Artificial neural networks have also been used to diagnose several cancers. An ANN based hybrid lung cancer detection system named HLND improves the accuracy of diagnosis and the speed of lung cancer radiology. These networks have also been used to diagnose prostate cancer. The diagnoses can be used to make specific models taken from a large group of patients compared to information of one given patient. The models do not depend on assumptions about correlations of different variables. Colorectal cancer has also been predicted using the neural networks. Neural networks could predict the outcome for a patient with colorectal cancer with a lot more accuracy than the current clinical methods. After training, the networks could predict multiple patient outcomes from unrelated institutions.

Neural networks and neuroscience

Theoretical and computational neuroscience is the field concerned with the theoretical analysis and computational modeling of biological neural systems. Since neural systems are intimately related to cognitive processes and behavior, the field is closely related to cognitive and behavioral modeling.

The aim of the field is to create models of biological neural systems in order to understand how biological systems work. To gain this understanding, neuroscientists strive to make a link between observed biological processes (data), biologically plausible mechanisms for neural processing and learning (biological neural network models) and theory (statistical learning theory and information theory).

Types of models

Many models are used in the field defined at different levels of abstraction and modeling different aspects of neural systems. They range from models of the short-term behavior of individual neurons, models of how the dynamics of neural circuitry arise from interactions between individual neurons and finally to models of how behavior can arise from abstract neural modules that represent complete subsystems. These include models of the long-term, and short-term plasticity, of neural systems and their relations to learning and memory from the individual neuron to the system level.

While initial research had been concerned mostly with the electrical characteristics of neurons, a particularly important part of the investigation in recent years has been the exploration of the role of neuromodulators such as dopamine, acetylcholine, and serotonin on behavior and learning.

Biophysical models, such as BCM theory, have been important in understanding mechanisms for synaptic plasticity, and have had applications in both computer science and neuroscience. Research is ongoing in understanding the computational algorithms used in the brain, with some recent biological evidence for radial basis networks and neural backpropagation as mechanisms for processing data.

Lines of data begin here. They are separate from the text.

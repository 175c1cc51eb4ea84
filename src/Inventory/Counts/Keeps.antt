-- ===== src/Inventory/Counts/Keeps.antt =====
-- Every method of src/modules/inventory/inventory.service.ts keeps the counts well formed.
use openeos_api.Base.{
  ℕ, ◌≡◌, refl, sym, ◌∙◌, inl, inr, Bool, true, false, not, some, List, [], ◌∷◌, ◌++◌, ◌==◌,
  is_empty, exists, find_first, get, put, get-put_cases, get-drop_row,
}
use openeos_api.Entities.{Product, InventoryCount, InventoryCountItem, InventoryCountStatus}
use openeos_api.Store.{Store, Env, Result}
use openeos_api.Store.Reads.{after_reads, after_guard, after_some}
use openeos_api.Inventory.Stock.{IsKeyed}
use openeos_api.Inventory.{
  CreateInventoryCountDto, UpdateInventoryCountDto, UpdateInventoryItemDto,
  get_event_and_check_permission, save_count, create_count, update_count, delete_count, start_count,
  cancel_count, add_item, update_item, holds, new_count, assigned, started, cancelled, new_item,
  with_items, product_in, counted, save_item, is_draft, is_in_progress, is_completed, runs_in,
}
use openeos_api.Inventory.Reads.{Reads-get_event, after_find_count}
use openeos_api.Inventory.Counts.{
  IsUncounted, IsConsistent, IsWellFormed, All-append, append-IsDistinct, save_item-All,
  save_item-IsDistinct, is_empty-save_item, found_item,
}

pub record CountRows (counts : List (ℕ × InventoryCount)) (products : List (ℕ × Product))
    : Type 0 where
  pub well_formed : (cid : ℕ) (c : InventoryCount) → get cid counts ≡ some c → IsWellFormed c
  pub keyed : IsKeyed products

abbrev pub CountInv : Store → Type 0
CountInv s = CountRows s.inventory_counts s.products

abbrev pub After {ℓ} : {A : Type ℓ} → Result A × Store → Type 0
After r = CountInv r.1

pub saved :
    (cid : ℕ) (c : InventoryCount) (counts : List (ℕ × InventoryCount))
    (products : List (ℕ × Product))
    → CountRows counts products
    → IsWellFormed c
    → CountRows (put cid c counts) products
saved cid c counts products v w = record {
  well_formed = λ k d h. elim (get-put_cases cid k c d counts h) [
    | inl (_, _, new) ↦ rw new w
    | inr (_, old) ↦ v.well_formed k d old
  ];
  keyed = v.keyed;
}

pub create_count-CountInv :
    (eid uid : ℕ) (dto : CreateInventoryCountDto) (s : Store)
    → CountInv s
    → CountInv (create_count eid uid dto s).1
unfolding create_count save_count
create_count-CountInv eid uid dto s v =
    after_reads After (get_event_and_check_permission eid uid) _ s (λ x. v)
      (Reads-get_event eid uid s)
      λ _ _. after_guard After (exists (runs_in eid) s.inventory_counts) _ _ s v λ _.
        saved s.next_id (new_count eid uid dto) s.inventory_counts s.products v (record {
          consistent = tt;
          distinct = tt;
          draft_uncounted = λ _. tt;
          in_progress_items = λ h. sym h;
          completed_counted = λ h. tt;
        })

pub update_count-CountInv :
    (eid cid : ℕ) (dto : UpdateInventoryCountDto) (uid : ℕ) (s : Store)
    → CountInv s
    → CountInv (update_count eid cid dto uid s).1
unfolding update_count save_count
update_count-CountInv eid cid dto uid s v =
    after_find_count After eid cid _ s (λ x. v)
      (λ c found _. after_guard After (is_completed c.status) _ _ s v λ _.
        saved cid (assigned dto c) s.inventory_counts s.products v (
          let w = v.well_formed cid c found in
          record {
            consistent = w.consistent;
            distinct = w.distinct;
            draft_uncounted = w.draft_uncounted;
            in_progress_items = w.in_progress_items;
            completed_counted = w.completed_counted;
          }))
      uid

pub delete_count-CountInv :
    (eid cid uid : ℕ) (s : Store) → CountInv s → CountInv (delete_count eid cid uid s).1
unfolding delete_count
delete_count-CountInv eid cid uid s v =
    after_find_count After eid cid _ s (λ x. v)
      (λ c found _. after_guard After (is_completed c.status) _ _ s v λ _. record {
        well_formed = λ k d h. v.well_formed k d (get-drop_row cid k s.inventory_counts d h);
        keyed = v.keyed;
      })
      uid

pub start_count-CountInv :
    (env : Env) (eid cid uid : ℕ) (s : Store)
    → CountInv s
    → CountInv (start_count env eid cid uid s).1
unfolding start_count save_count
start_count-CountInv env eid cid uid s v =
    after_find_count After eid cid _ s (λ x. v)
      (λ c found _. after_guard After (not (is_draft c.status)) _ _ s v λ _.
        after_guard After (is_empty c.items) _ _ s v λ some_items.
          saved cid (started env c) s.inventory_counts s.products v (
            let w = v.well_formed cid c found in
            record {
              consistent = w.consistent;
              distinct = w.distinct;
              draft_uncounted = λ h. cc;
              in_progress_items = λ _. some_items;
              completed_counted = λ h. cc;
            }))
      uid

pub cancel_count-CountInv :
    (eid cid uid : ℕ) (s : Store) → CountInv s → CountInv (cancel_count eid cid uid s).1
unfolding cancel_count save_count
cancel_count-CountInv eid cid uid s v =
    after_find_count After eid cid _ s (λ x. v)
      (λ c found _. after_guard After (is_completed c.status) _ _ s v λ _.
        saved cid (cancelled c) s.inventory_counts s.products v (
          let w = v.well_formed cid c found in
          record {
            consistent = w.consistent;
            distinct = w.distinct;
            draft_uncounted = λ h. cc;
            in_progress_items = λ h. cc;
            completed_counted = λ h. cc;
          }))
      uid

pub is_true : (b : Bool) → not b ≡ false → b ≡ true
is_true true h = refl
is_true false h = sym h

draft_is :
    (status : InventoryCountStatus) → is_draft status ≡ true → status ≡ InventoryCountStatus.draft
draft_is InventoryCountStatus.draft h = refl
draft_is InventoryCountStatus.in_progress h = cc
draft_is InventoryCountStatus.completed h = cc
draft_is InventoryCountStatus.cancelled h = cc

-- One more uncounted item in a draft, for a product that it does not hold.
pub appended :
    (c : InventoryCount) (i : InventoryCountItem)
    → IsWellFormed c
    → is_draft c.status ≡ true
    → IsUncounted i
    → holds i.product_id c.items ≡ false
    → IsWellFormed (with_items c (c.items ++ i ∷ []))
appended c i w draft fresh apart = record {
  consistent = All-append IsConsistent c.items i w.consistent (inl fresh);
  distinct = append-IsDistinct c.items i w.distinct apart;
  draft_uncounted = λ h. All-append IsUncounted c.items i (w.draft_uncounted h) fresh;
  in_progress_items = λ h. let dead = rw (draft_is c.status draft) at h in cc;
  completed_counted = λ h. let dead = rw (draft_is c.status draft) at h in cc;
}

pub add_item-CountInv :
    (eid cid pid uid : ℕ) (s : Store) → CountInv s → CountInv (add_item eid cid pid uid s).1
unfolding add_item save_count
add_item-CountInv eid cid pid uid s v =
    after_find_count After eid cid _ s (λ x. v)
      (λ c found _. after_guard After (not (is_draft c.status)) _ _ s v λ draft.
        after_some After (product_in eid (get pid s.products)) _ _ s v λ p _.
          after_guard After (holds pid c.items) _ _ s v λ apart.
            saved cid (with_items c (c.items ++ new_item s.next_id pid p ∷ [])) s.inventory_counts
              s.products v
              (appended c (new_item s.next_id pid p) (v.well_formed cid c found)
                (is_true (is_draft c.status) draft) (refl, refl) apart))
      uid

in_progress_is :
    (status : InventoryCountStatus)
    → is_in_progress status ≡ true
    → status ≡ InventoryCountStatus.in_progress
in_progress_is InventoryCountStatus.in_progress h = refl
in_progress_is InventoryCountStatus.draft h = cc
in_progress_is InventoryCountStatus.completed h = cc
in_progress_is InventoryCountStatus.cancelled h = cc

-- A count in progress with one of its items counted.
recounted :
    (env : Env) (iid uid : ℕ) (dto : UpdateInventoryItemDto) (c : InventoryCount)
    (i : InventoryCountItem)
    → IsWellFormed c
    → c.status ≡ InventoryCountStatus.in_progress
    → find_first (λ j. j.id == iid) c.items ≡ some i
    → IsWellFormed (with_items c (save_item (counted env uid dto i) c.items))
recounted env iid uid dto c i w running here =
    let same_id = (found_item iid i IsConsistent c.items here w.consistent).0 in
    let x = counted env uid dto i in
    record {
      consistent =
          save_item-All iid i x same_id refl IsConsistent c.items
            (inr (dto.counted_quantity, refl, refl)) w.consistent;
      distinct = save_item-IsDistinct iid i x same_id refl c.items here w.distinct;
      draft_uncounted = λ h. let dead = rw running at h in cc;
      in_progress_items =
          λ h. is_empty-save_item iid i x same_id refl c.items ∙ w.in_progress_items h;
      completed_counted = λ h. let dead = rw running at h in cc;
    }

pub update_item-CountInv :
    (env : Env) (eid cid iid uid : ℕ) (dto : UpdateInventoryItemDto) (s : Store)
    → CountInv s
    → CountInv (update_item env eid cid iid uid dto s).1
unfolding update_item save_count
update_item-CountInv env eid cid iid uid dto s v =
    after_find_count After eid cid _ s (λ x. v)
      (λ c found _. after_guard After (not (is_in_progress c.status)) _ _ s v λ running.
        after_some After (find_first (λ j. j.id == iid) c.items) _ _ s v λ i here.
          saved cid (with_items c (save_item (counted env uid dto i) c.items)) s.inventory_counts
            s.products v
            (recounted env iid uid dto c i (v.well_formed cid c found)
              (in_progress_is c.status (is_true (is_in_progress c.status) running)) here))
      uid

Computational devices have been created in CMOS for both biophysical simulation and neuromorphic computing. More recent efforts show promise for creating nanodevices for very large scale principal components analyses and convolution. If successful, these efforts could usher in a new era of neural computing that is a step beyond digital computing, because it depends on learning rather than programming and because it is fundamentally analog rather than digital even though the first instantiations may in fact be with CMOS digital devices.